Избитый мужчина оказался таксистом-частником, родом из Средней Азии, а парни – его пассажирами. Всхлипывая и сплевывая кровь, которой наполнялся рот, он поведал, что взял их на Шаболовке и привез сюда, а платить они не стали, и вместо этого принялись оскорблять, за шиворот выволокли из машины и повалили на землю. Таксист рассказывал еще что-то, но Лора не могла разобрать, из-за пары выбитых зубов его дикция пострадала, а знание русского языка и без того, видно, не славилось совершенством. Наконец он поднялся на ноги, покачиваясь, как пьяный.

– Я сейчас полицию вызову! Хулиганы! – вдруг угрожающе прокаркали откуда-то с верхних этажей. Сева задрал голову, и лицо его стало неожиданно свирепым.

– Давно пора! – проорал он.

Окно с грохотом захлопнулось.

– Где ваша бдительность, когда она действительно нужна, добрые вы люди… – в сердцах выпалил Сева уже тише, но с не меньшим пылом.

Поверхностный осмотр таксиста не показал серьезных повреждений. Более того, когда прошел первый шок, мужчина начал рассыпаться в благодарностях, и сливовые глаза его увлажнились.

– Ничего, брат, не надо, – отмахивался Сева.

Лора собиралась везти мужчину к врачу, но тот испугался, замахал руками, и тогда она сообразила, что страховки у него, конечно, нет, а возможно, и регистрации.

– Тогда хоть в аптеку?

– Аптека – можно, – согласился таксист робко.

Лора уговорила его сесть назад и предоставить ей возможность рулить. Сева устроился на соседнем с ней сиденье.

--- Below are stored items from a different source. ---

-- ===== src/Journal/Owners.antt =====
-- internal/journal/owners.go: the run lease and its fencing epoch. Durations are whole milliseconds.
use az_agent_platform_go.Prelude.{
  ℕ, ◌+◌, Bool, not, ◌&&◌, ◌||◌, none, some, GoString, str_eq, is_empty, ltb, leb, ◌==◌, find_row,
  anyb, if◌then◌else◌,
}
use az_agent_platform_go.Journal.{
  Journal, Tx, ownership, Command, CommandRow, Owner, EventKind, RunRow, RunState, InteractionRow,
}
use az_agent_platform_go.Journal.Transactions.{
  ◌>>=◌, ◌>>◌, pure, throw, get, put, require, require_some, append_event, event, lock_owner,
  find_run, update_run, is_live, is_pending,
}
use az_agent_platform_go.Journal.Operations.{is_consumed, equals_option}
use az_agent_platform_go.Journal.Outcomes.{mark_operations_unknown, dispose_pending}

-- Go's == on Command.
abbrev pub command_eq : Command → Command → Bool
command_eq a b =
    str_eq a.thread_id b.thread_id
    && str_eq a.run_id b.run_id
    && str_eq a.communication_id b.communication_id
    && str_eq a.principal b.principal
    && str_eq a.tenant b.tenant
    && str_eq a.text b.text
    && str_eq a.target_journey b.target_journey
    && str_eq a.interaction_id b.interaction_id
    && str_eq a.reply_kind b.reply_kind
    && str_eq a.reply_json b.reply_json

-- lockConversation's forbidden is ownership to Claim.
abbrev pub lock_for_claim : GoString → Tx (Unit {0})
lock_for_claim principal = do j ← get; require (str_eq j.principal principal) ownership

abbrev pub is_continuation : GoString → InteractionRow → Bool
is_continuation run i = equals_option i.continuation_run_id run && is_consumed i.state

-- A run that a reply created stays claimable after its first lease.
abbrev pub is_recoverable : Command → RunRow → Journal → Bool
is_recoverable c r j =
    is_pending r.state
    && r.owner_epoch == 0
    && not (ltb j.now r.lease_until)
    && not (is_empty c.interaction_id)
    && anyb (λ (i : InteractionRow). str_eq i.id c.interaction_id && is_continuation c.run_id i)
        j.interactions

abbrev pub may_claim : Command → RunRow → Journal → Bool
may_claim c r j = is_pending r.state && (ltb j.now r.lease_until || is_recoverable c r j)

-- The write of a claim: a new epoch, given to the run.
unfoldable pub take_run : GoString → GoString → ℕ → Journal → Journal
take_run run id duration j =
    let epoch = j.owner_epoch + 1 in
    update_run run
      (λ (r : RunRow). record r {
        state = RunState.running;
        owner_id = id;
        owner_epoch = epoch;
        lease_until = j.now + duration;
      })
      (record j { owner_epoch = epoch })

unfoldable pub claim_body : Command → GoString → ℕ → Tx Owner
unfolding append_event take_run
claim_body c id duration = do
  lock_for_claim c.principal
  j ← get
  accepted ←
      require_some
        (find_row
          (λ (m : CommandRow). str_eq m.run_id c.run_id && str_eq m.execution_run_id c.run_id)
          j.commands)
        ownership
  require (command_eq accepted.payload c) ownership
  r ← require_some (find_run c.run_id j) ownership
  require (may_claim c r j) ownership
  put (take_run c.run_id id duration j)
  append_event (event c.run_id EventKind.run_started)
  pure (record { command = c; id = id; epoch = j.owner_epoch + 1 })

unfoldable pub claim : Command → GoString → ℕ → Tx Owner
claim c id duration =
    if is_empty id || duration == 0 then throw ownership else claim_body c id duration

-- Store.Check
unfoldable pub check_owner : Owner → Tx (Unit {0})
unfolding lock_owner
check_owner o = lock_owner o

unfoldable pub renew : Owner → ℕ → Tx (Unit {0})
unfolding lock_owner
renew o duration = if duration == 0 then throw ownership else (do
  lock_owner o
  j ← get
  put (update_run o.command.run_id (λ (r : RunRow). record r { lease_until = j.now + duration }) j))

abbrev pub candidate_run : GoString → RunRow → Bool
candidate_run candidate r = is_live r.state && (is_empty candidate || str_eq r.id candidate)

-- A live run that is to be left alone: its lease holds, or a reply has created it and nobody has
-- claimed it yet.
abbrev pub is_spared : RunRow → Journal → Bool
is_spared r j =
    not (leb r.lease_until j.now)
    || is_pending r.state && r.owner_epoch == 0 && anyb (is_continuation r.id) j.interactions

unfoldable pub interrupt_run : GoString → Tx (Unit {0})
unfolding append_event mark_operations_unknown dispose_pending
interrupt_run run = do
  j ← get
  put (update_run run (λ (r : RunRow). record r { state = RunState.interrupted }) j)
  mark_operations_unknown run
  dispose_pending run RunState.interrupted
  append_event (event run EventKind.run_interrupted)

unfoldable pub interrupt_expired : GoString → Tx (Unit {0})
unfolding interrupt_run
interrupt_expired candidate = do
  j ← get
  elim (find_row (candidate_run candidate) j.runs) [
    | none ↦ pure tt
    | some r ↦ if is_spared r j then pure tt else interrupt_run r.id
  ]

Теперь, когда острота момента уже отступала, Лору настигало удивление. Похоже, она и правда готова была драться с этими парнями. Прекрасно понимая, что не сможет их одолеть. Такая была отчаянность в ее решимости, что это даже пугало. А если бы случилось что-то серьезное?.. Хотя… Какая разница, сама она давно уже лишь пародия на человека, никто о ней не печется. Вполне предсказуемый мог быть итог. В подворотне. И поделом ей…

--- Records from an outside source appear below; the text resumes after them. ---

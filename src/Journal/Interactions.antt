-- ===== src/Journal/Interactions.antt =====
-- internal/journal/interactions.go: the validity of a question and of a reply.
use az_agent_platform_go.Prelude.{
  ℕ, Bool, true, false, not, ◌&&◌, ◌||◌, List, [], ◌∷◌, Option, none, some, GoString, str_eq,
  is_empty, codes, length, ltb, leb, ◌==◌, anyb, filterb, find_row, if◌then◌else◌, contains,
}
use az_agent_platform_go.Journal.{Interaction, Kind, Question, AnswerOption, Answer, Reply}
use az_agent_platform_go.Journal.Operations.{is_approval}

-- The bytes of a UTF-8 white space character read so far; `word` for a text that is not blank.
pub data Space : Type 0 where
  between after_c2 after_e1 after_e19a after_e2 after_e280 after_e281 after_e3 after_e380 word :
      Space

-- unicode.IsSpace, byte by byte.
abbrev pub space_step : Space → ℕ → Space
space_step between c =
    if leb 9 c && leb c 13 || c == 32
    then between
    else if c == 194
    then after_c2
    else if c == 225
    then after_e1
    else if c == 226
    then after_e2
    else if c == 227
    then after_e3
    else word
space_step after_c2 c = if c == 133 || c == 160 then between else word
space_step after_e1 c = if c == 154 then after_e19a else word
space_step after_e19a c = if c == 128 then between else word
space_step after_e2 c = if c == 128 then after_e280 else if c == 129 then after_e281 else word
space_step after_e280 c =
    if leb 128 c && leb c 138 || c == 168 || c == 169 || c == 175 then between else word
space_step after_e281 c = if c == 159 then between else word
space_step after_e3 c = if c == 128 then after_e380 else word
space_step after_e380 c = if c == 128 then between else word
space_step word c = word

abbrev pub is_between : Space → Bool
is_between between = true
is_between _ = false

abbrev pub blank_from : Space → GoString → Bool
blank_from s [] = is_between s
blank_from s (c ∷ cs) = blank_from (space_step s c) cs

-- strings.TrimSpace(s) == ""
unfoldable pub is_blank : GoString → Bool
is_blank s = blank_from between s

-- len([]rune(s)) of a valid UTF-8 text: its bytes that continue no character.
abbrev pub rune_count : GoString → ℕ
rune_count s = length (filterb (λ c. ltb c 128 || leb 192 c) s)

-- The options of a question, after the labels seen.
unfoldable pub valid_options : List GoString → List AnswerOption → Bool
unfolding is_blank
valid_options seen [] = true
valid_options seen (o ∷ os) =
    not (is_blank o.label)
    && not (is_blank o.description)
    && not (contains seen o.label)
    && valid_options (o.label ∷ seen) os

unfoldable pub valid_question : List GoString → Question → Bool
unfolding is_blank valid_options
valid_question seen q =
    not (is_empty q.id)
    && not (contains seen q.id)
    && not (is_blank q.question)
    && not (is_empty q.header)
    && leb (rune_count q.header) 12
    && leb 2 (length q.options)
    && leb (length q.options) 3
    && valid_options [] q.options

unfoldable pub valid_questions : List GoString → List Question → Bool
unfolding valid_question
valid_questions seen [] = true
valid_questions seen (q ∷ qs) = valid_question seen q && valid_questions (q.id ∷ seen) qs

abbrev pub is_clarification : Kind → Bool
is_clarification Kind.clarification = true
is_clarification _ = false

-- Interaction.Validate: false for ErrState.
unfoldable pub validate : Interaction → Bool
unfolding valid_questions
validate i =
    not (
      is_empty i.id
      || is_empty i.call.call_id
      || is_empty i.call.provider_call_id
      || is_empty i.call.name)
    && not (is_empty i.call.binding)
    && (if is_approval i.kind
        then length i.questions == 0
        else is_clarification i.kind
          && leb 1 (length i.questions)
          && leb (length i.questions) 3
          && valid_questions [] i.questions)

abbrev pub answer_to : GoString → Reply → Option (GoString × Answer)
answer_to id r = find_row (λ (a : GoString × Answer). str_eq a.0 id) r.answers

-- An answer chooses an option, or is a text of at most 4096 bytes; never both, never neither.
unfoldable pub valid_answer : Question → Answer → Bool
unfolding is_blank
valid_answer q a =
    (if is_empty a.option then not (is_blank a.custom) else is_blank a.custom)
    && (if is_empty a.custom
        then anyb (λ (o : AnswerOption). str_eq a.option o.label) q.options
        else leb (length a.custom) 4096)

unfoldable pub valid_answers : Reply → List Question → Bool
unfolding valid_answer
valid_answers r [] = true
valid_answers r (q ∷ qs) =
    elim (answer_to q.id r) [ none ↦ false | some a ↦ valid_answer q a.1 ] && valid_answers r qs

-- Interaction.ValidateReply: false for ErrState. The answers are a map, so their keys are distinct.
unfoldable pub validate_reply : Interaction → Reply → Bool
unfolding valid_answers
validate_reply i r =
    if is_approval i.kind
    then length r.answers == 0
      && str_eq r.binding i.call.binding
      && (str_eq r.decision (codes "approve") || str_eq r.decision (codes "deny"))
    else is_empty r.decision
      && is_empty r.binding
      && length r.answers == length i.questions
      && valid_answers r i.questions
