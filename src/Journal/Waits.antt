-- ===== src/Journal/Waits.antt =====
-- internal/journal/interactions.go: a run that waits for a reply, and waits that end unanswered.
use az_agent_platform_go.Prelude.{
  ℕ, ◌+◌, Bool, true, false, not, ◌&&◌, ◌||◌, List, [], ◌∷◌, ◌++◌, Option, none, some, GoString,
  str_eq, is_empty, leb, ◌==◌, anyb, filterb, find_row, update_rows, if◌then◌else◌,
}
use az_agent_platform_go.Journal.{
  Tx, database, bad_state, pending_commands, Interaction, InteractionRow, InteractionState, Marker,
  Owner, RunRow, RunState, EventKind, Reason, External,
}
use az_agent_platform_go.Journal.Transactions.{
  ◌>>=◌, ◌>>◌, pure, throw, get, put, require, require_some, append_event, event, lock_owner,
  find_run,
}
use az_agent_platform_go.Journal.Operations.{bind_call, is_approval, coalesce, non_empty}
use az_agent_platform_go.Journal.Outcomes.{has_waiting}
use az_agent_platform_go.Journal.Interactions.{validate}

-- settings.DefaultInteractionTTL: five minutes, in milliseconds.
abbrev pub default_wait : ℕ
default_wait = 300000

abbrev pub is_unanswered : InteractionState → Bool
is_unanswered InteractionState.pending = true
is_unanswered _ = false

abbrev pub is_expired : InteractionState → Bool
is_expired InteractionState.expired = true
is_expired _ = false

abbrev pub is_awaiting : RunState → Bool
is_awaiting RunState.awaiting_input = true
is_awaiting _ = false

module _ (x : External) where
  -- The settings' own value where it is positive; `none` where they do not decode.
  unfoldable pub recorded_interaction_ttl : Option GoString → Option ℕ
  recorded_interaction_ttl none = some default_wait
  recorded_interaction_ttl (some []) = some default_wait
  recorded_interaction_ttl (some (c ∷ s)) = elim (x.settings_ttl (c ∷ s)) [
    | none ↦ none
    | some t ↦ some (if t == 0 then default_wait else t)
  ]

  abbrev pub waiting_row : Interaction → GoString → GoString → RunRow → InteractionRow
  waiting_row i checkpoint history r = record {
    id = i.id;
    run_id = r.id;
    journey_id = coalesce (non_empty i.journey_id) r.journey_id;
    definition_digest = r.definition_digest;
    kind = i.kind;
    artifact = i;
    checkpoint = checkpoint;
    history = history;
    expires_at = i.expires_at;
    state = InteractionState.pending;
    continuation_run_id = none;
    reply = none;
    marker = if is_approval i.kind then some Marker.requested else none;
    operation_key = i.operation_key;
    name_digest = i.name_digest;
    schema_digest = i.schema_digest;
  }

  -- The inserts and updates of a wait; a second pending interaction breaks the unique index, a
  -- second row of the ID the primary key.
  unfoldable pub record_wait : Interaction → GoString → GoString → RunRow → Tx (Unit {0})
  unfolding append_event
  record_wait i checkpoint history r = do
    j ← get
    require
        (not
          (anyb (λ (a : InteractionRow). str_eq a.id i.id || is_unanswered a.state) j.interactions))
        database
    put (record j {
      interactions = j.interactions ++ waiting_row i checkpoint history r ∷ [];
      history = history;
      runs =
          update_rows (λ (a : RunRow). str_eq a.id r.id)
            (λ (a : RunRow). record a {
              state = RunState.awaiting_input;
              owner_id = [];
              lease_until = j.now;
            })
            j.runs;
    })
    append_event (record (event r.id EventKind.run_awaiting_input) { call_id = i.call.call_id })

  unfoldable pub wait_body : Owner → Interaction → GoString → GoString → Tx (Unit {0})
  unfolding lock_owner bind_call recorded_interaction_ttl record_wait
  wait_body o i checkpoint history = do
    lock_owner o
    j ← get
    require (not (has_waiting o.command.run_id j)) pending_commands
    require (not (is_approval i.kind && (is_empty i.journey_id || is_empty i.operation_key)))
        bad_state
    r ← require_some (find_run o.command.run_id j) database
    version ← require_some r.product_version bad_state
    digest ← require_some r.definition_digest bad_state
    ttl ← require_some (recorded_interaction_ttl r.settings) bad_state
    expected ←
        require_some
          (bind_call x (record {
            journey_id = i.journey_id;
            operation_key = i.operation_key;
            name_digest = i.name_digest;
            schema_digest = i.schema_digest;
            arguments = i.call.arguments;
            product_version = version;
            principal = j.principal;
            conversation = o.command.thread_id;
            definition_set = digest;
          }))
          bad_state
    require (str_eq expected i.call.binding) bad_state
    record_wait (record i { expires_at = j.now + ttl }) checkpoint history r

  -- Wait: the interaction is valid and both documents are JSON.
  unfoldable pub wait : Owner → Interaction → GoString → GoString → Tx (Unit {0})
  unfolding validate wait_body
  wait o i checkpoint history =
      if validate i && x.is_json checkpoint && x.is_json history
      then wait_body o i checkpoint history
      else throw bad_state

  abbrev pub is_due : ℕ → InteractionRow → Bool
  is_due now i = is_unanswered i.state && leb i.expires_at now

  abbrev pub expire_row : InteractionRow → InteractionRow
  expire_row i = record i {
    state = InteractionState.expired;
    marker = if is_approval i.kind then some Marker.denied else none;
  }

  -- The call of an expired interaction is answered in the history, and its run fails.
  unfoldable pub fail_waiting_run : GoString → Tx (Unit {0})
  unfolding append_event
  fail_waiting_run run = do
    j ← get
    i ←
        require_some
          (find_row (λ (i : InteractionRow). str_eq i.run_id run && is_expired i.state)
            j.interactions)
          database
    closed ← require_some (x.close_history i.history i.artifact.call.provider_call_id) bad_state
    put (record j {
      history = closed;
      runs =
          update_rows (λ (r : RunRow). str_eq r.id run && is_awaiting r.state)
            (λ (r : RunRow). record r { state = RunState.failed }) j.runs;
    })
    append_event (event run EventKind.interaction_expired)
    append_event (record (event run EventKind.run_failed) { reason = Reason.interaction_expired })

  unfoldable pub fail_waiting_runs : List InteractionRow → Tx (Unit {0})
  unfolding fail_waiting_run
  fail_waiting_runs [] = pure tt
  fail_waiting_runs (i ∷ rest) = do fail_waiting_run i.run_id; fail_waiting_runs rest

  unfoldable pub expire_interactions : Tx (Unit {0})
  unfolding fail_waiting_runs
  expire_interactions = do
    j ← get
    put (record j { interactions = update_rows (is_due j.now) expire_row j.interactions })
    fail_waiting_runs (filterb (is_due j.now) j.interactions)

Странно, однако, что Сева тоже был готов идти до конца. При всей своей благонадежности и положительности он представился на мгновение ловкачом с Хитровки[5], лихим, резким и опасным, как бритва, готовым без промедления ввязаться в потасовку. Не хватало лишь картуза, жилета на алой подкладке и скрипучих сапог. Какой внутренний зов так влек его к драке, что он даже не попытался избежать ее? Так не похоже на осторожничающих горожан… Не будь у Лоры свистка, сейчас они бы зализывали раны втроем. И это еще в лучшем случае.

Из размышлений ее вывело пиликанье незнакомого телефона. Таксист с кряхтением перегнулся вперед, взял с панели простенький дешевый мобильный и ответил на звонок. Говорил он на своем гортанном языке, и голос его был мягок, негромок и спокоен – так рассказывают родным о дне, прожитом без происшествий. Потом в разговоре возникла пауза, словно мужчина дожидался чего-то или кого-то. И вот он забормотал еще ласковее, еще тише. Усмехнулся, дважды повторил один и тот же вопрос, деланно удивился. Лора увидела почти наяву, что где-то там, в сотнях километров от московских улиц и того темного двора, где на асфальте остались кровь и пара зубов, в тепле южной ночи на ковре сидит ребенок, девочка или мальчик, с темной головенкой и такими же глазами-черносливами, неумело прижимает к уху телефон и слушает отцовский голос.

И вдруг таксист запел. Неторопливо, даже заунывно. Мелодия была незамысловатая, с несколько раз повторяющимся припевом, плавная и убаюкивающая. От нее веяло дыханием степей, лунным светом, жарким ночным ветром, сладкими снами ребенка. Лора нашла в зеркале заднего вида лицо избитого таксиста. Он старательно выводил звуки напева, крепко зажмурившись, и едва заметно улыбался. На щеке у него уже наливался мешковатый кровоподтек.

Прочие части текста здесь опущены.